----- Material for the task -----

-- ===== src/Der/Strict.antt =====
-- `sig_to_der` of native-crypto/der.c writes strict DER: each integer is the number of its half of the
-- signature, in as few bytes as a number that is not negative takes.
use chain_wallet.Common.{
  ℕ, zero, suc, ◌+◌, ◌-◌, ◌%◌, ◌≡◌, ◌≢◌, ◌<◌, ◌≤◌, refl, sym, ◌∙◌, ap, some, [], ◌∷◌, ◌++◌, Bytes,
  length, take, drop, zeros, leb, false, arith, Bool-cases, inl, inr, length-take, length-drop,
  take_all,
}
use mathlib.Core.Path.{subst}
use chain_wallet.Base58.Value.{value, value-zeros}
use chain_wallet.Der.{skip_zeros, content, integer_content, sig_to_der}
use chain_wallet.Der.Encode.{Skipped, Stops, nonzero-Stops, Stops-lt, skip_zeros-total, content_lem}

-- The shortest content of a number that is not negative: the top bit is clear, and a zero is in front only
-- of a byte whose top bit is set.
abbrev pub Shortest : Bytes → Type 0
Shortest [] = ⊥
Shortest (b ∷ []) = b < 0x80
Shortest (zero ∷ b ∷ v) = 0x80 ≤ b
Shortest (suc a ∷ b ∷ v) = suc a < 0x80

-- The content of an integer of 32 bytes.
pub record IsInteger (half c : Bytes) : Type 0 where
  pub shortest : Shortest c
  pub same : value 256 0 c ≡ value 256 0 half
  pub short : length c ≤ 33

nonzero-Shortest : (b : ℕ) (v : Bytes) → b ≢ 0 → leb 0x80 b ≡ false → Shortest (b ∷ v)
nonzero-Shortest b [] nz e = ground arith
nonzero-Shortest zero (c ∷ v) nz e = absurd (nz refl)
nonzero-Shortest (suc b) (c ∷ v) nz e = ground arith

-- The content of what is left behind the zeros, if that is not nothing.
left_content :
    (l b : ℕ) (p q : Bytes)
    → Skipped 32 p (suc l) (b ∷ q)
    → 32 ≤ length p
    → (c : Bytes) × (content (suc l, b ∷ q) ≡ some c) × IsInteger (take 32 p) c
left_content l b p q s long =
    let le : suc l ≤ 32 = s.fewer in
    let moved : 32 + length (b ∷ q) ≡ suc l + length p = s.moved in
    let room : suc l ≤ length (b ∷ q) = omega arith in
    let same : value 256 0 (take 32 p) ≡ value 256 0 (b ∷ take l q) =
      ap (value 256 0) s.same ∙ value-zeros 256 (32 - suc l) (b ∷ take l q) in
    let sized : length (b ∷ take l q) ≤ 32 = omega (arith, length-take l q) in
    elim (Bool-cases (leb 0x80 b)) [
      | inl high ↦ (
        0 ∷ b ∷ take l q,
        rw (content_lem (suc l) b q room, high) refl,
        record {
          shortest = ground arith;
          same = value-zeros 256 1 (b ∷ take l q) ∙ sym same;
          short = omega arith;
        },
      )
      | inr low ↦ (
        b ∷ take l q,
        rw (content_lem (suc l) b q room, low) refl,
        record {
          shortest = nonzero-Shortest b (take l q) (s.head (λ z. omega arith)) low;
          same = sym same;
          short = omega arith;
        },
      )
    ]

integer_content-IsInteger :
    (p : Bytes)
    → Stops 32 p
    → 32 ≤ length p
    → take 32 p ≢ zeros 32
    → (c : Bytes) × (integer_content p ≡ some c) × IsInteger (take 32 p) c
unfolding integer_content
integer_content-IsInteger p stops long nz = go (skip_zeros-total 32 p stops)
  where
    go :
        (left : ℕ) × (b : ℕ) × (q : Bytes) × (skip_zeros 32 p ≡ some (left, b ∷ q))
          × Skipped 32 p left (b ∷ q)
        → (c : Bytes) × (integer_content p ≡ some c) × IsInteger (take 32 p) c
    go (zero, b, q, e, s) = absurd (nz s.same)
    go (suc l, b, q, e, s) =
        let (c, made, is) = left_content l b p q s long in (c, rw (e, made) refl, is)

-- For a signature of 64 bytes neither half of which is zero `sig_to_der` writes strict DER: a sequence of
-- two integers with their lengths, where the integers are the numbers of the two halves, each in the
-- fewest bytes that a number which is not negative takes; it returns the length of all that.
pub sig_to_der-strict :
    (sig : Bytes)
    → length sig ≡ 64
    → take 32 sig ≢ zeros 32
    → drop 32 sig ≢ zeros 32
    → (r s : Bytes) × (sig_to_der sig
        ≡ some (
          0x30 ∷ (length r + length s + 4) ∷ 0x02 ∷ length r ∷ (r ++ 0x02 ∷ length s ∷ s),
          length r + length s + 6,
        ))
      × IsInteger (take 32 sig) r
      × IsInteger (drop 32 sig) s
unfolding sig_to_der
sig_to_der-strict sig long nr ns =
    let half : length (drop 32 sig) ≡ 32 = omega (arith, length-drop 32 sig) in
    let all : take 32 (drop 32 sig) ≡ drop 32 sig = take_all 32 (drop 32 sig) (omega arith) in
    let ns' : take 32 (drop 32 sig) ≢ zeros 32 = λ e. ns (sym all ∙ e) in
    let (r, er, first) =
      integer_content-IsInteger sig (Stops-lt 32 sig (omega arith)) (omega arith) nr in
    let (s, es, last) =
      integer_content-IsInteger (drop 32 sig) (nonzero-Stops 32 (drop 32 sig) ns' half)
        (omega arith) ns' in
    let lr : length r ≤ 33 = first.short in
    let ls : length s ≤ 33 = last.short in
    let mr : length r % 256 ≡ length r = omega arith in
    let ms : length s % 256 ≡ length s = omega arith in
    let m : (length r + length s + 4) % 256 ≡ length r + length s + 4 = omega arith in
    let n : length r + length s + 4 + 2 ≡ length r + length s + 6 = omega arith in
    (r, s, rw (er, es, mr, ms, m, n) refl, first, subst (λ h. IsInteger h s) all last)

-----

**Exercise prompt**
Of the lines above, output exactly those from the line bearing "rw (content_lem (suc l) b q room, high)" through the line bearing "shortest = nonzero-Shortest", inclusive.

**Result below**
        rw (content_lem (suc l) b q room, high) refl,
        record {
          shortest = ground arith;
          same = value-zeros 256 1 (b ∷ take l q) ∙ sym same;
          short = omega arith;
        },
      )
      | inr low ↦ (
        b ∷ take l q,
        rw (content_lem (suc l) b q room, low) refl,
        record {
          shortest = nonzero-Shortest b (take l q) (s.head (λ z. omega arith)) low;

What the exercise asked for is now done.